Enstilar, developed by LEO Pharma, is a topical aerosol spray foam containing calcipotriol monohydrate and betamethasone dipropionate. It is designed to treat psoriasis vulgaris, particularly stable plaque psoriasis, and offers an improved formulation over the existing Daivobet ointment.

Clinical Trials Overview

Phase 3 Trials in China

Recent clinical trials conducted in China have shown promising results for Enstilar. A Phase 3 trial involving 604 adult Chinese subjects with stable plaque psoriasis compared the efficacy and safety of Enstilar against Daivobet ointment. The trial demonstrated that Enstilar was superior to Daivobet in the primary endpoint, reducing the severity and extent of stable plaque psoriasis[2][4].

Efficacy and Safety

The trial achieved both primary and secondary endpoints, with Enstilar showing improved efficacy in reducing the Psoriasis Area and Severity Index (PASI) and the Investigator Global Assessment (IGA) scores. The treatment was well tolerated, and its safety profile was consistent with previous trial findings[1][4].

Global Clinical Trials

Enstilar has also been evaluated in other clinical trials globally. The PSO-FAST study, a pivotal Phase III trial, and the Phase 2 MUSE safety profile study, supported its approval in the European Union. These studies showed that over half of the patients treated with Enstilar were "Clear" or "Almost Clear" by Week 4, and more than half achieved a 75% improvement in PASI scores from baseline[5].

Market Analysis

Current Market Presence

Enstilar is already authorized in the EU for the treatment of psoriasis vulgaris in adults for up to four weeks and as a long-term maintenance treatment for those who have responded to the initial treatment. It also holds approvals in other markets worldwide[1][5].

Expansion to China

LEO Pharma has submitted a New Drug Application (NDA) to China’s National Medical Products Administration (NMPA) for Enstilar, targeting the treatment of adult patients with plaque psoriasis. China is expected to become the largest market for Enstilar if approved, given the estimated seven million adult patients living with plaque psoriasis in the country[2][4].

Global Strategy

The submission of the NDA in China is part of LEO Pharma’s global strategy to expand its dermatology portfolio. If approved, China would join 50 other markets where Enstilar is already approved, further solidifying LEO Pharma’s position in the global dermatology market[4].

Market Projections

Growth Potential

The approval of Enstilar in China is expected to significantly boost LEO Pharma’s revenue, given the large patient population and the growing demand for effective dermatological treatments.
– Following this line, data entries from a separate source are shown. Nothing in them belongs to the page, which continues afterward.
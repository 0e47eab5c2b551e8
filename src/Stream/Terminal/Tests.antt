-- ===== src/Stream/Terminal/Tests.antt =====
-- The terminal broker on concrete histories.
use wireops.Prelude.{ℕ, ◌≡◌, refl, false, some, List, [], ◌∷◌}
use wireops.Go.Text.{codes}
use wireops.Go.Int.{pos}
use wireops.Stream.{get_list}
use wireops.Stream.Terminal.{
  Event, Broker, Call, subscribing, unsubscribing, output, closing, reading, max_pending_events,
  new, subscribe, perform_all,
}
use wireops.Stream.Terminal.Replay.{IsReplayOf}
use wireops.Stream.Terminal.Safety.{Returns, new-IsValid, perform_all-safe}
use wireops.Stream.Terminal.Backlog.{publish_each, subscribe-replay}

-- Output before the first subscriber, a subscriber that leaves twice, and the end of the session.
abbrev history : List Call
history =
    output (codes "s") (codes "$ ")
    ∷ subscribing (codes "s")
    ∷ reading 0
    ∷ closing (codes "s") (pos 0) []
    ∷ unsubscribing (codes "s") 0
    ∷ unsubscribing (codes "s") 0
    ∷ output (codes "s") (codes "late")
    ∷ []

perform_all-safe_example : Returns (perform_all history new)
perform_all-safe_example = perform_all-safe history new new-IsValid

abbrev prompt : Event
prompt = record { bytes = codes "$ "; closed = false; exit_code = pos 0; error = [] }

no_subs : get_list new.hub.subs (codes "s") ≡ []
unfolding get_list wireops.Go.Value.lookup
no_subs = refl

no_pending : get_list new.pending (codes "s") ≡ []
unfolding get_list wireops.Go.Value.lookup
no_pending = refl

subscribe-replay_example :
    (d c : Broker) × (id : ℕ) × (publish_each (codes "s") (prompt ∷ []) new ≡ some d)
    × (subscribe (codes "s") d ≡ some (c, id))
    × IsReplayOf max_pending_events (c.hub.channels id).queue (prompt ∷ [])
    × (get_list c.pending (codes "s") ≡ [])
subscribe-replay_example =
    subscribe-replay (codes "s") (prompt ∷ []) new new-IsValid no_subs no_pending
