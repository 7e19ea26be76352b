-- ===== src/Cli/Session.antt =====
-- tools/cli/src/cli.cpp with commands/publish_cmd.cpp: the execution of a line, and the loop over the
-- lines. Of the handlers those of PUBLISH, CONNECT, DISCONNECT, PING and QUIT are here; the others
-- are a parameter.
use nexus_d_pub_sub.Prelude.{
  Bool, true, false, ◌||◌, List, [], ◌∷◌, ◌++◌, none, some, Text, codes, last?, ◌==◌, if◌then◌else◌,
}
use nexus_d_pub_sub.Prelude.Int.{ℤ, pos, negsuc, ltb_ℤ}
use nexus_d_pub_sub.Prelude.Links.{same}
use nexus_d_pub_sub.Prelude.Numbers.{Result, ok, ◌>>=◌, stoi, to_string_ℤ}
use nexus_d_pub_sub.Cli.StringUtils.{trim, is_empty}
use nexus_d_pub_sub.Cli.CommandParser.{
  ParsedCommand, CommandInfo, CommandParser, init, register_command, has_flag, get_option, Dispatch,
  empty_line, unknown_command, handled,
}
use nexus_d_pub_sub.Cli.CommandParser
use nexus_d_pub_sub.Cli.OutputFormatter.{print_ok_message, print_key_value}
use nexus_d_pub_sub.Cli.GrpcClient.{Grpc, GrpcClient, PublishRequest, is_connected, get_address}
use nexus_d_pub_sub.Cli.GrpcClient
use nexus_d_pub_sub.Cli.Discovery.{address, get_by_index}
use nexus_d_pub_sub.Cli.Commands.{
  Cli, Handler, parser, fail, succeed, publish, ping, connect, disconnect, quit,
}

-- `cmd.args[i][0] == '-'`
unfoldable pub starts_with_dash : Text → Bool
starts_with_dash [] = false
starts_with_dash (c ∷ s) = c == b'-'

-- "Build message from remaining args (up to flags)".
unfoldable pub build_message : Text → List Text → Text
unfolding starts_with_dash is_empty
build_message message [] = message
build_message message (arg ∷ args) = elim (starts_with_dash arg) [
  | true ↦ message
  | false ↦ build_message (if is_empty message then arg else message ++ (32 ∷ arg)) args
]

unfoldable pub publish_request : Text → List Text → ParsedCommand → PublishRequest
unfolding build_message has_flag get_option
publish_request topic words cmd = record {
  topic = topic;
  payload = build_message [] words;
  content_type = get_option (codes "type") (get_option (codes "t") (codes "text/plain") cmd) cmd;
  retain = has_flag (codes "retain") cmd || has_flag (codes "r") cmd;
}

module _ (g : Grpc) where
  -- What `publish_cmd` writes for the id that the call returned.
  unfoldable pub report_published : Text → Text → Cli → ℤ × Cli
  unfolding fail succeed is_empty
  report_published topic id cli =
      if is_empty id
      then fail (codes "Failed to publish message") cli
      else succeed
          (if cli.config.json_mode
            then codes "{\"status\":\"OK\",\"message_id\":\""
              ++ (id ++ (codes "\",\"topic\":\"" ++ (topic ++ codes "\"}\n")))
            else codes "(integer) 1\n")
          cli

  unfoldable pub publish_args : List Text → ParsedCommand → Cli → ℤ × Cli
  unfolding fail publish_request report_published GrpcClient.publish
  publish_args (topic ∷ word ∷ words) cmd cli =
      let (id, c) = GrpcClient.publish g (publish_request topic (word ∷ words) cmd) cli.client in
      report_published topic id (record cli { client = c })
  publish_args _ cmd cli =
      fail (codes "Usage: PUBLISH <topic> <message> [--retain] [--type <content-type>]") cli

  unfoldable pub publish_cmd : ParsedCommand → Cli → ℤ × Cli
  unfolding fail publish_args is_connected
  publish_cmd cmd cli =
      if is_connected cli.client
      then publish_args cmd.args cmd cli
      else fail (codes "Not connected. Use DISCOVER and CONNECT first.") cli

  -- `Cli::connect`
  unfoldable pub connect_to : Text → Cli → Bool × Cli
  unfolding GrpcClient.connect
  connect_to addr cli =
      let (connected, c) = GrpcClient.connect g addr cli.client in
      (connected, record cli { client = c })

  unfoldable pub connect_by_index : ℤ → Cli → Bool × Cli
  unfolding connect_to get_by_index address
  connect_by_index index cli = elim (get_by_index index cli.discovered) [
    | none ↦ (false, cli)
    | some i ↦ connect_to (address i) cli
  ]

  -- The message of the CONNECT handler.
  unfoldable pub report_connected : Text → Bool × Cli → ℤ × Cli
  unfolding fail succeed print_ok_message
  report_connected name (connected, cli) =
      if connected
      then succeed (print_ok_message cli.config.json_mode (codes "Connected to " ++ name)) cli
      else fail (codes "Connection failed") cli

  unfoldable pub connect_first : List Text → Cli → ℤ × Cli
  unfolding fail report_connected connect_to
  connect_first [] cli = fail (codes "Usage: CONNECT <host:port> or CONNECT -n <index>") cli
  connect_first (addr ∷ args) cli = report_connected addr (connect_to addr cli)

  unfoldable pub connect_cmd : ParsedCommand → Cli → Result (ℤ × Cli)
  unfolding has_flag get_option connect_by_index report_connected connect_first get_address stoi
  connect_cmd cmd cli =
      if has_flag (codes "n") cmd || has_flag (codes "N") cmd
      then stoi (get_option (codes "n") (get_option (codes "N") (codes "1") cmd) cmd) >>= (λ index.
        let (connected, cli') = connect_by_index index cli in
        ok (report_connected (get_address cli'.client) (connected, cli')))
      else ok (connect_first cmd.args cli)

  unfoldable pub disconnect_cmd : Cli → ℤ × Cli
  unfolding succeed print_ok_message GrpcClient.disconnect
  disconnect_cmd cli =
      succeed (print_ok_message cli.config.json_mode (codes "Disconnected"))
        (record cli { client = GrpcClient.disconnect cli.client })

  unfoldable pub ping_cmd : Cli → ℤ × Cli
  unfolding fail succeed is_connected print_key_value to_string_ℤ GrpcClient.ping
  ping_cmd cli =
      let latency = GrpcClient.ping g cli.client in
      if is_connected cli.client
      then if ltb_ℤ latency (pos 0)
        then fail (codes "Ping failed") cli
        else succeed
            (if cli.config.json_mode
              then print_key_value true (codes "pong") (to_string_ℤ latency ++ codes "ms")
              else codes "PONG (" ++ (to_string_ℤ latency ++ codes "ms)\n"))
            cli
      else fail (codes "Not connected") cli

  unfoldable pub quit_cmd : Cli → ℤ × Cli
  quit_cmd cli = (negsuc 0, record cli { quit_requested = true })

  module _ (others : Handler → ParsedCommand → Cli → Result (ℤ × Cli)) where
    unfoldable pub handle : Handler → ParsedCommand → Cli → Result (ℤ × Cli)
    unfolding publish_cmd connect_cmd disconnect_cmd ping_cmd quit_cmd
    handle publish cmd cli = ok (publish_cmd cmd cli)
    handle connect cmd cli = connect_cmd cmd cli
    handle disconnect cmd cli = ok (disconnect_cmd cli)
    handle ping cmd cli = ok (ping_cmd cli)
    handle quit cmd cli = ok (quit_cmd cli)
    handle h cmd cli = others h cmd cli

    -- `Cli::execute` with the end of `CommandParser::execute`.
    unfoldable pub run_dispatch : Dispatch Handler → Cli → Result (ℤ × Cli)
    unfolding handle
    run_dispatch empty_line cli = ok (pos 0, cli)
    run_dispatch (unknown_command name) cli = ok (
      pos 1,
      record cli {
        errors =
            cli.errors
            ++ (codes "(error) ERR unknown command '"
                ++ (name ++ codes "'\nType HELP for available commands\n"));
      },
    )
    run_dispatch (handled h cmd) cli = handle h cmd cli

    unfoldable pub execute : Text → Cli → Result (ℤ × Cli)
    unfolding run_dispatch CommandParser.execute
    execute line cli = run_dispatch (CommandParser.execute line parser) cli

    -- "Add to history"
    unfoldable pub remember : Text → Cli → Cli
    unfolding same
    remember line cli = elim (last? cli.history) [
      | none ↦ record cli { history = line ∷ [] }
      | some latest ↦
          if same latest line then cli else record cli { history = cli.history ++ line ∷ [] }
    ]

    -- The loop of `run` over the lines of the input, up to its end.
    unfoldable pub repl : List Text → Cli → Result Cli
    unfolding execute remember trim is_empty
    repl [] cli = ok cli
    repl (input ∷ inputs) cli =
        let line = trim input in
        elim (cli.quit_requested) [
          | true ↦ ok cli
          | false ↦ elim (is_empty line) [
            | true ↦ repl inputs cli
            | false ↦ execute line (remember line cli) >>= (λ r. repl inputs r.1)
          ]
        ]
China’s dermatology market is rapidly expanding, and Enstilar’s unique formulation and proven efficacy make it a strong contender in this market[4].

Competitive Advantage

Enstilar’s superiority over Daivobet ointment in clinical trials, combined with its convenient spray foam application, positions it as a preferred treatment option for patients and healthcare providers. This could lead to a significant market share gain in the psoriasis treatment market[1][5].

Patient Impact

Quality of Life Improvement

The clinical trials have shown that Enstilar can significantly improve the quality of life for patients with plaque psoriasis. Professor Zhang Jianzhong from Peking University People’s Hospital noted that Enstilar has the potential to improve the quality of life for millions of Chinese patients living with plaque psoriasis[1][4].

Convenience and Efficacy

Enstilar’s spray foam formulation makes it easier to apply compared to traditional ointments, enhancing patient compliance. The improved efficacy and safety profile further support its potential to become a leading treatment option for psoriasis[5].

Regulatory Status

Approval Process

The NDA submission in China is currently under review by the Center for Drug Evaluation (CDE). The regulatory review process is anticipated to be completed in the first half of 2026[2][4].

Existing Approvals

Enstilar has already received scientific approval in the European Union and has been approved by the U.S. Food and Drug Administration (FDA) for the treatment of psoriasis vulgaris[5].

Key Takeaways

Clinical Efficacy: Enstilar has demonstrated superior efficacy over Daivobet ointment in reducing the severity and extent of stable plaque psoriasis in clinical trials.
Market Expansion: The submission of the NDA in China marks a significant step in LEO Pharma’s global strategy, with China potentially becoming the largest market for Enstilar.
Patient Benefits: Enstilar offers improved convenience and efficacy, enhancing patient compliance and quality of life.
Regulatory Status: The NDA is under review in China, with approval anticipated in the first half of 2026.

FAQs

What is Enstilar used for?

Enstilar is used for the treatment of psoriasis vulgaris, particularly stable plaque psoriasis, in adult patients.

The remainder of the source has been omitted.